Etre, René Belletto, par Jean-Paul Gavard Perret
Etre, René Belletto, P.O.L, janvier 2018, 288 pages, 18 €
René Belletto poursuit son avancée dans un travail de la neutralité de la fiction dont Le Livre donnait déjà une bonne idée. Il s’agissait déjà d’envoyer le lecteur dans un jeu où le plus de précision et de vérité possible s’ouvrait tout en feignant d’ignorer certains piliers de la narration « classique » – ce qui permet paradoxalement de rendre la fiction plus forte.
Il en va de même avec Etre dont le terme générique remplace dans l’esprit de l’auteur celui de « Héros et narrateur de l’aventure ». D’autant que les aventures elles-mêmes ne se veulent pas « de ces prestigieuses aventures de jadis, ni de ces aventures sans lendemain errant à jamais entre les murs du désespoir ». Le livre caresse en effet une autre ambition : celle d’une fiction où l’auteur aurait voulu régner « au cœur d’une aventure sans aujourd’hui, comme si le grand livre du Destin avait brûlé dans l’incendie de quelque bibliothèque ».

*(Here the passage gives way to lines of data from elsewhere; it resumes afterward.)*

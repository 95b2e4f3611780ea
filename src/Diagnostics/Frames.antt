-- ===== src/Diagnostics/Frames.antt =====
-- The memory tests of kernel/src/ktest.rs on a valid frame allocator.
use native.Mathlib.Nat.{add-zero}
use nonameos.Prelude.{ℕ, ◌*◌, ◌<◌, ◌≢◌, ◌≡◌, ◌∙◌, inl, inr, true, false, some, leb, ==_refl, arith}
use nonameos.Memory.{page_size}
use nonameos.Memory.Phys.{Phys, free_frame}
use nonameos.Memory.Phys.Bitmap.{used}
use nonameos.Memory.Phys.Alloc.{IsValid, Allocated, alloc_frame_lem, free_frame_lem}
use nonameos.Diagnostics.Table.{test_phys_alloc_and_free, quick_check_memory}

-- A frame that was just handed out can be given back: the count is what it was before.
give_back :
    (p : Phys) {frame : ℕ} {p1 : Phys}
    → Allocated p frame p1
    → (q : Phys) × (free_frame (frame * page_size) p1 ≡ some q)
      × (q.free_frames ≡ p.free_frames)
      × IsValid q
give_back p {frame} {p1} a =
    let lt : frame < p1.total_frames = omega (arith, a.within, a.marked.total) in
    let (q, gave, f) = free_frame_lem p1 a.marked.valid frame lt 0 (omega arith) in
    let busy : used p1 frame ≡ true = a.marked.now_used frame ∙ rw (==_refl frame) in
    (q, rw (add-zero (frame * page_size)) at gave, f.counted ∙ rw busy (a.marked.counted), f.valid)

module _ (p : Phys) (v : IsValid p) (some_free : p.free_frames ≢ 0) where
  -- The first memory test and the quick check take a frame and give it back: they pass, and no frame
  -- is lost.
  memory_checks-pass :
      (q : Phys) × (test_phys_alloc_and_free p ≡ some (true, q))
      × (quick_check_memory p ≡ some (true, q))
      × (q.free_frames ≡ p.free_frames)
      × IsValid q
  unfolding test_phys_alloc_and_free quick_check_memory
  memory_checks-pass = elim (alloc_frame_lem p v) [
    | inl (failed, all_used, none_free) ↦ absurd (some_free none_free)
    | inr (frame, p1, took, a) ↦
        let (q, gave, count, valid) = give_back p a in
        let fewer : leb p.free_frames p1.free_frames ≡ false = ground (arith, a.marked.counted) in
        (q, rw (took, fewer, gave, count, ==_refl p.free_frames), rw (took, gave), count, valid)
  ]
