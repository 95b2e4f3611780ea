-- ===== src/Diagnostics/Mode.antt =====
-- kernel/src/ktest.rs: how the boot mode that `run_all` chooses follows from the health of the
-- subsystems.
use nonameos.Prelude.{
  ℕ, zero, suc, ◌+◌, ◌≤◌, ◌<◌, ◌≡◌, ◌∙◌, sym, ap, get_or-replicate, refl, Bool, true, false, List,
  [], ◌∷◌, Option, none, some, length, set, get_or-set, length-set, leb, if◌then◌else◌, arith,
}
use nonameos.Prelude.Counting.{count_if}
use nonameos.Diagnostics.{
  Health, unknown, failed, BootMode, normal, safe, minimal, boot, is_impaired, health_at, flag,
  DiagTest, Run, start, index, memory, vfs, scheduler, subsystem_count, run_tests,
}
use nonameos.Diagnostics.Select.{
  any_true, classify, update_one, update_health, choose_mode, run_all, Boot, halted, booted,
}
use nonameos.Diagnostics.Flags.{Tested, Fresh, run_tests-Tested, run_tests-Fresh}

abbrev pub has_failed : Health → Bool
has_failed failed = true
has_failed _ = false

-- The mode by the health alone; `none` stops the kernel.
abbrev pub mode_for : List Health → Option BootMode
mode_for healths =
    if has_failed (health_at healths (index memory))
    then none
    else if has_failed (health_at healths (index scheduler))
    then some minimal
    else if has_failed (health_at healths (index vfs))
    then some safe
    else if leb 2 (count_if is_impaired healths)
    then some safe
    else some normal

any_true_of : (flags : List Bool) (i : ℕ) → flag flags i ≡ true → any_true flags ≡ true
any_true_of [] i h = h
any_true_of (b ∷ bs) zero h = ground arith
any_true_of (b ∷ bs) (suc i) h = ground (arith, any_true_of bs i h)

module _ {ℓ} {S : Type ℓ} where
  abbrev pub healths_of : Boot S → List Health
  healths_of (halted r) = r.diag.health
  healths_of (booted results r) = r.diag.health

  abbrev pub mode_of : Boot S → Option BootMode
  mode_of (halted r) = none
  mode_of (booted results r) = some results.boot_mode

  classify-failed :
      (r : Run S) (i : ℕ) → Tested r → has_failed (classify r i) ≡ flag r.critical_fail i
  unfolding classify
  classify-failed r i h = ground (arith, h i)

  module _ (i : ℕ) (r : Run S) where
    update_one-classify : (j : ℕ) → classify (update_one i r) j ≡ classify r j
    unfolding update_one
    update_one-classify j = unfold classify in ground arith

    update_one-health : (update_one i r).diag.health ≡ set r.diag.health i (classify r i)
    unfolding update_one
    update_one-health = ground arith

    update_one-kept :
        ((update_one i r).critical_fail ≡ r.critical_fail)
        × ((update_one i r).diag.boot_mode ≡ r.diag.boot_mode)
    unfolding update_one
    update_one-kept = ground arith

  -- The health that the loop leaves, for the subsystems that it has passed.
  update_health-classify :
      (k i : ℕ) (r : Run S) (j : ℕ)
      → length r.diag.health ≡ 6
      → i + k ≤ 6
      → j < i + k
      → (j < i → health_at r.diag.health j ≡ classify r j)
      → health_at (update_health k i r).diag.health j ≡ classify r j
  unfolding update_health
  update_health-classify zero i r j len le lt done = done (omega arith)
  update_health-classify (suc k) i r j len le lt done =
      update_health-classify k (i + 1) (update_one i r) j
        (rw (update_one-health i r) (length-set r.diag.health i (classify r i) ∙ len)) (omega arith)
        (omega arith) (λ below. seen below)
      ∙ update_one-classify i r j
    where
      seen : j < i + 1 → health_at (update_one i r).diag.health j ≡ classify (update_one i r) j
      seen below =
          rw (update_one-health i r, update_one-classify i r j)
            (ground
              (arith, get_or-set r.diag.health i j (classify r i) unknown (omega (arith, len))))

  update_health-kept :
      (k i : ℕ) (r : Run S)
      → ((update_health k i r).critical_fail ≡ r.critical_fail)
        × ((update_health k i r).diag.boot_mode ≡ r.diag.boot_mode)
  unfolding update_health
  update_health-kept zero i r = (refl, refl)
  update_health-kept (suc k) i r =
      let (critical, mode) = update_health-kept k (i + 1) (update_one i r) in
      let (critical', mode') = update_one-kept i r in (critical ∙ critical', mode ∙ mode')

  choose_mode-mode :
      (total : ℕ) (r : Run S)
      → r.diag.boot_mode ≡ normal
      → ((i : ℕ) → i < 6 → has_failed (health_at r.diag.health i) ≡ flag r.critical_fail i)
      → mode_of (choose_mode total r) ≡ mode_for (healths_of (choose_mode total r))
  unfolding choose_mode
  choose_mode-mode total r n h = ground (
    arith,
    h 0 (omega arith),
    h 1 (omega arith),
    h 4 (omega arith),
    any_true_of r.critical_fail 0,
    any_true_of r.critical_fail 1,
    any_true_of r.critical_fail 4,
  )

  -- From boot on, whatever the tests and their recoveries do, the boot mode follows from the health
  -- that `run_all` gives the subsystems: it stops if the memory failed, else chooses Minimal if the
  -- scheduler failed, else Safe if the file system failed or at least two subsystems are degraded
  -- or failed, else Normal.
  pub run_all-mode :
      (tests : List (DiagTest S)) (sys : S)
      → mode_of (run_all tests sys boot) ≡ mode_for (healths_of (run_all tests sys boot))
  unfolding run_all
  run_all-mode tests sys =
      choose_mode-mode (length tests) (update_health subsystem_count 0 tested) (mode ∙ fresh.1)
        (λ i lt.
          ap has_failed (
            update_health-classify subsystem_count 0 tested i fresh.0 (omega arith) lt
              (λ below. absurd (omega arith)))
          ∙ classify-failed tested i tested-Tested
          ∙ ap (λ flags. flag flags i) (sym critical))
    where
      tested : Run S
      tested = run_tests 0 tests (start sys boot)

      fresh : Fresh tested
      fresh = run_tests-Fresh 0 tests (start sys boot) (refl, refl)

      tested-Tested : Tested tested
      tested-Tested =
          run_tests-Tested 0 tests (start sys boot) refl
            (λ i h. cc (h, get_or-replicate {A = Bool} subsystem_count i false))

      critical : (update_health subsystem_count 0 tested).critical_fail ≡ tested.critical_fail
      critical = (update_health-kept subsystem_count 0 tested).0

      mode : (update_health subsystem_count 0 tested).diag.boot_mode ≡ tested.diag.boot_mode
      mode = (update_health-kept subsystem_count 0 tested).1
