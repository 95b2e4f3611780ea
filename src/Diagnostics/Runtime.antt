-- ===== src/Diagnostics/Runtime.antt =====
-- kernel/src/ktest.rs, `runtime_health_check`, over the quick checks that it is given.
use nonameos.Prelude.{
  ℕ, ◌+◌, ◌≡◌, ◌∙◌, ap, refl, get_or-set_ne, Bool, true, false, not, ◌&&◌, List, [], ◌∷◌,
  if◌then◌else◌, arith,
}
use nonameos.Diagnostics.{
  Health, healthy, degraded, unknown, Subsystem, memory, vfs, scheduler, index, Diag, health_at,
}
use nonameos.Diagnostics.Select.{set_health}

abbrev pub is_healthy : Health → Bool
is_healthy healthy = true
is_healthy _ = false

abbrev pub QuickCheck {ℓ} : Type ℓ → Type ℓ
QuickCheck S = Subsystem × (S → Bool × S)

-- The loop's new static variables.
abbrev marked : Subsystem → Bool → Diag → Diag
marked sub worse d = if worse then set_health (index sub) degraded d else d

marked-kept :
    (sub : Subsystem) (worse : Bool) (d : Diag) (i : ℕ)
    → (worse ≡ true → is_healthy (health_at d.health (index sub)) ≡ true)
    → is_healthy (health_at d.health i) ≡ false
    → health_at (marked sub worse d).health i ≡ health_at d.health i
marked-kept sub true d i was h =
    get_or-set_ne d.health (index sub) i degraded unknown
      (λ e. cc (was refl, h, ap (λ j. is_healthy (health_at d.health j)) e))
marked-kept sub false d i was h = refl

module _ {ℓ} {S : Type ℓ} where
  -- `let checks = [(Memory, …), (Vfs, …), (Scheduler, …)]`
  abbrev pub quick_checks : (S → Bool × S) → (S → Bool × S) → (S → Bool × S) → List (QuickCheck S)
  quick_checks on_memory on_vfs on_scheduler =
      (memory, on_memory) ∷ (vfs, on_vfs) ∷ (scheduler, on_scheduler) ∷ []

  -- The loop, with the problems counted so far.
  pub health_check : List (QuickCheck S) → ℕ → S → Diag → ℕ × S × Diag
  health_check [] problems sys d = (problems, sys, d)
  health_check ((sub, check_fn) ∷ checks) problems sys d =
      let (ok, sys') = check_fn sys in
      let worse = not ok && is_healthy (health_at d.health (index sub)) in
      health_check checks (if worse then problems + 1 else problems) sys'
        (if worse then set_health (index sub) degraded d else d)

  unfoldable pub runtime_health_check : List (QuickCheck S) → S → Diag → ℕ × S × Diag
  unfolding health_check
  runtime_health_check checks sys d = health_check checks 0 sys d

  -- Only a healthy subsystem can be found ill: any other keeps its health, whatever its check says.
  health_check-kept :
      (checks : List (QuickCheck S)) (problems : ℕ) (sys : S) (d : Diag) (i : ℕ)
      → is_healthy (health_at d.health i) ≡ false
      → health_at (health_check checks problems sys d).2.health i ≡ health_at d.health i
  unfolding health_check
  health_check-kept [] problems sys d i h = refl
  health_check-kept ((sub, check_fn) ∷ checks) problems sys d i h =
      health_check-kept checks _ _ (marked sub worse d) i (rw same h) ∙ same
    where
      worse : Bool
      worse = not (check_fn sys).0 && is_healthy (health_at d.health (index sub))

      same : health_at (marked sub worse d).health i ≡ health_at d.health i
      same = marked-kept sub worse d i (λ w. ground arith) h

Tout aurait donc pu être parfait, devenir la narration de la narration sans le retour du concret qui déloge l’auteur-narrateur-héros au sein de ce qui fait et devient histoire jusqu’à ce que le roman à défaut de se « policer » redevienne d’une certaine manière policier.
Tout Belletto est là, avec son charme, sa froideur, son ironie au troisième degré. Le roman propose une littéralité soustractive faite de fragmentations, dispersions, incisions, dissolutions, abolitions, vacances et pièges en divers types de glissements. Les images visuelles fleurissent et se dissipent au moment où l’être est pris dans leur étau sans trop savoir (ou en sachant trop) comment c’est en-dessous tout en ayant rêvé ce qui est un comble pour un narrateur – ne pas désirer le « voir ». Mais le pli étant pris rien ne peut empêcher le discours de se poursuivre. Et ce – de gré ou de force – pour le plaisir du lecteur.
René Belletto : le miroir sans visage
René Belletto feint de pratiquer une diction à la littéralité soustractive faite de fragmentations, dispersions, incisions, coupures, dissolutions, effacements, abolitions, vacances, si bien que dans ce dernier livre, narrateur et héros sont supprimés et remplacés par ce neutre « être » comme s’il s’agissait de poursuivre un discours que le premier n’aurait voulu écrire et le second ne pas vivre.
Se cache ici l’humour subtil de Belletto. Il est coutumier du fait, mais à mesure que son œuvre avance il poursuit ce processus de glissement. Peut-on dans cette perspective parler de roman ? La réponse est un oui massif même si le narrateur ne sait jamais ce qui se passe en-dessous des faits ou que à l’inverse il ne voudrait pas le savoir mais que le pacte romanesque l’oblige à dire.
En mal de vecteur littéraire (héros, narrateur), il ne s’agit donc pas (encore) d’en finir avec la fiction. Elle fait même comme toujours chez Belletto retour de manière « policière » en une époque (la nôtre) de doutes et d’incertitudes. Dès lors les altérations narratives restent une vue de l’esprit là où la diction redevient « archéologique ».
Certes la validité du récit transforme tout l’univers visible en un monde de fluctuations. L’auteur n’y cesse de troubler la compréhension de la réalité par les hypothèses sans cesse remises en cause. Par la rigueur de l’écriture, l’astuce de l’auteur comme celle de son personnage – de quelque côté que le lecteur se tourne – les faits ne possèdent que la longue et sombre coulée de leur ombre.
Jean-Paul Gavard-Perret
René Belletto est un écrivain français né à Lyon 2e le 11 septembre 1945. Surtout connu pour ses romans policiers, primés à plusieurs reprises, il publie également de la « littérature blanche » et fantastique.